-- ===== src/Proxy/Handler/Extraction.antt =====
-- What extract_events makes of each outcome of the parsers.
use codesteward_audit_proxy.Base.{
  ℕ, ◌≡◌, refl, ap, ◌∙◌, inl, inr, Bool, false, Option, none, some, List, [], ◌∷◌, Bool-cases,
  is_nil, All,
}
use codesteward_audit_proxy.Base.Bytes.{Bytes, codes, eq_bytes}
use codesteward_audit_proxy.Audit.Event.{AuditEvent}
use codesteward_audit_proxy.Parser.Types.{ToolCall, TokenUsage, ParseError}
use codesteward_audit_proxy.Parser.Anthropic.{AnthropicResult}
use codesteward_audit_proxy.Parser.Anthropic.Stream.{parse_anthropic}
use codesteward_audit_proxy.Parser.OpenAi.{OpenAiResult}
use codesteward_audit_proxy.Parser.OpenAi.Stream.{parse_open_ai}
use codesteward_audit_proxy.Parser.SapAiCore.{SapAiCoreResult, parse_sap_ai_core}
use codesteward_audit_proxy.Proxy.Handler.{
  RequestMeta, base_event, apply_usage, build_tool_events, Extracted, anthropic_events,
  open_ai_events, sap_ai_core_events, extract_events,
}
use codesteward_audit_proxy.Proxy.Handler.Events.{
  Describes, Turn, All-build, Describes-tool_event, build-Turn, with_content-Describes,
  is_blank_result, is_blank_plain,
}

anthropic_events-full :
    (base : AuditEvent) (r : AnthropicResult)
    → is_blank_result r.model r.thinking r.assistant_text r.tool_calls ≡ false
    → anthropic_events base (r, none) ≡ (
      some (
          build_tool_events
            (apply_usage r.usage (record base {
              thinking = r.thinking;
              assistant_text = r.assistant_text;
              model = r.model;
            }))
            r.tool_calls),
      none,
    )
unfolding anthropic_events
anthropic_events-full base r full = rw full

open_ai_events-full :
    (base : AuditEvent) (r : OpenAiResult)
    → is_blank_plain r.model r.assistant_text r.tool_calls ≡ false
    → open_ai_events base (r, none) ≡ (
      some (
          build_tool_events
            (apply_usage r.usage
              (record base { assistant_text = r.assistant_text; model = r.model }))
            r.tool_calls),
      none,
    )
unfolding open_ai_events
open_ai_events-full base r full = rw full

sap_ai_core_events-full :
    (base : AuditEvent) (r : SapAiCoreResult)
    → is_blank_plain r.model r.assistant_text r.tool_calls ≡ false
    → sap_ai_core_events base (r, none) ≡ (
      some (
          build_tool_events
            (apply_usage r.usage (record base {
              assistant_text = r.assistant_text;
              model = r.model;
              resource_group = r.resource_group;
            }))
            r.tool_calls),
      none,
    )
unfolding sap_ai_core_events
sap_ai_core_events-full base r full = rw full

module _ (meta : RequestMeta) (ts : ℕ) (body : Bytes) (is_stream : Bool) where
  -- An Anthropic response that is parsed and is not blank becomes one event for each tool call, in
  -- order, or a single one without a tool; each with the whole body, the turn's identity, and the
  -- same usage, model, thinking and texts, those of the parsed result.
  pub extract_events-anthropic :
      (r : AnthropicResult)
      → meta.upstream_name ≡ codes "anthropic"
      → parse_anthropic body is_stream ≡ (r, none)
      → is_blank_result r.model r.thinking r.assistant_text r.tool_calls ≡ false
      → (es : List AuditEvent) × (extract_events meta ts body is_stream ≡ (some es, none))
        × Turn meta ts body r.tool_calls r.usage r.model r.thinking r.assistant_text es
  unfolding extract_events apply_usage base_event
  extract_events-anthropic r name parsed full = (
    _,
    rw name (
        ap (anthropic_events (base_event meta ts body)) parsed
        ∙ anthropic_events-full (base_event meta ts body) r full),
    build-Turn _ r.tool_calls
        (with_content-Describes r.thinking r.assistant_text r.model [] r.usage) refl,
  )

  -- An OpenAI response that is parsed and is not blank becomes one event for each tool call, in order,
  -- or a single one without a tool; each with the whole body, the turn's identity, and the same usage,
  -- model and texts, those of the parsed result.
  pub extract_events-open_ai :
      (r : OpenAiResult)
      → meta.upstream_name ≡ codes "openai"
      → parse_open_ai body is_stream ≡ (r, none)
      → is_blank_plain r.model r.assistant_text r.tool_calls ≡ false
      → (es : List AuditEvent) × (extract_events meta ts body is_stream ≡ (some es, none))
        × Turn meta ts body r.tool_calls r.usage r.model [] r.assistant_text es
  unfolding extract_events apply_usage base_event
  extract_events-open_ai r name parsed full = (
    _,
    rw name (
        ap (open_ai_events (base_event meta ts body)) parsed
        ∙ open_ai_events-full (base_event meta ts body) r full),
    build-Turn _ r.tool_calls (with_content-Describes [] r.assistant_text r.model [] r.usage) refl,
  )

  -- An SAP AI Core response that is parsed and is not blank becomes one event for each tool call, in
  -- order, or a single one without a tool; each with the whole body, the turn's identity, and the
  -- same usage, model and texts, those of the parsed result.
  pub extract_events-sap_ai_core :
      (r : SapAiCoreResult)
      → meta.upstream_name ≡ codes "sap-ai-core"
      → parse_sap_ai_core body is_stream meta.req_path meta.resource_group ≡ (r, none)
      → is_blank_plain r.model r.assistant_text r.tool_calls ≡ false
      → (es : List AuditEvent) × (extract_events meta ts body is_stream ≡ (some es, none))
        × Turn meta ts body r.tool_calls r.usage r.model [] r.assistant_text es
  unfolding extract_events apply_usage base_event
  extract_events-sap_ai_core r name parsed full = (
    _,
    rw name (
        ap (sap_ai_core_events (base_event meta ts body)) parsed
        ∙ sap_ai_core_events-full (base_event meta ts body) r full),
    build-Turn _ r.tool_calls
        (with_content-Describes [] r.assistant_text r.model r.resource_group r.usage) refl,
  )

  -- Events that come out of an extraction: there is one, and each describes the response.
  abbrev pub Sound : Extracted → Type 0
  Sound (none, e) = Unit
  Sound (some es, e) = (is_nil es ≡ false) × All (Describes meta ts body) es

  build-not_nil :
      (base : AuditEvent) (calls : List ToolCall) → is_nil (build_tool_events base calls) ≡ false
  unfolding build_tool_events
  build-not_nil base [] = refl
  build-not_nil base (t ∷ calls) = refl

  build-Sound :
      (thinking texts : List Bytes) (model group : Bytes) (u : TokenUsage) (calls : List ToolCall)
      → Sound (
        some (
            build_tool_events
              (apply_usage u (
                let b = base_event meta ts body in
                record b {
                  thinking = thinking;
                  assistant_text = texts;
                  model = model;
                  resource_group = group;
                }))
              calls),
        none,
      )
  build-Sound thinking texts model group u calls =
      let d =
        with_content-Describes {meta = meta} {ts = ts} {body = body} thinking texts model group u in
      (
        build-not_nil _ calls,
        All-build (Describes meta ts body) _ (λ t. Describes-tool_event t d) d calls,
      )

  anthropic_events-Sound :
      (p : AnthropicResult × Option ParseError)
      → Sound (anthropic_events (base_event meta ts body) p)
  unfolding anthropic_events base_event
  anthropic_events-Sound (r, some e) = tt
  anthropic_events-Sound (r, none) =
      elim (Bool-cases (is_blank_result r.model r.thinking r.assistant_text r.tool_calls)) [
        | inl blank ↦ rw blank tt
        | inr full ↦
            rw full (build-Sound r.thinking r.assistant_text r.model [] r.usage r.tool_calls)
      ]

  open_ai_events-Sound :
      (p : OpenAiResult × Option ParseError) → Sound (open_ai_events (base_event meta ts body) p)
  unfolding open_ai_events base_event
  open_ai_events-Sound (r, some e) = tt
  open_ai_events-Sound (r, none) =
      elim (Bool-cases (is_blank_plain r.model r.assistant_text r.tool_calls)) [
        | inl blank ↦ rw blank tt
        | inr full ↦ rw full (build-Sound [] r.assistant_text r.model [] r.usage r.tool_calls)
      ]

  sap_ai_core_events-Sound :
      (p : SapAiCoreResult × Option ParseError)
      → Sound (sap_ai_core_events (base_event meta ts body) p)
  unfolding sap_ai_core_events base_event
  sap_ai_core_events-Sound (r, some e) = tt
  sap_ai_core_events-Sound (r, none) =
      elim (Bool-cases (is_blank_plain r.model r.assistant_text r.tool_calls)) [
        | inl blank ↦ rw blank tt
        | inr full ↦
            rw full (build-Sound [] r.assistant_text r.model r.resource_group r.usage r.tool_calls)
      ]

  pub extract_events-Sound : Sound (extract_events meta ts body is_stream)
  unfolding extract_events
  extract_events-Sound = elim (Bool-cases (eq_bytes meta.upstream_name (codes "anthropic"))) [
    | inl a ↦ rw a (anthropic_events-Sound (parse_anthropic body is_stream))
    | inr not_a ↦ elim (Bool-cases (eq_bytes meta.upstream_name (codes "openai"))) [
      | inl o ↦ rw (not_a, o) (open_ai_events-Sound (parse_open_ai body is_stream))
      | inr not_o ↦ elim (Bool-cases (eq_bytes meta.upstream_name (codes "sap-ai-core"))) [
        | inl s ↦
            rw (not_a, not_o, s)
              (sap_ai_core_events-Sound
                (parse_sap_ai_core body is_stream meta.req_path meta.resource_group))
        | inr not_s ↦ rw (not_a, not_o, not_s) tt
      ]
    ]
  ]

• • •

**What you need to do**:
Say how many lines of the listing above contain "RequestMeta", with no other words.

**Result of the exercise**:
2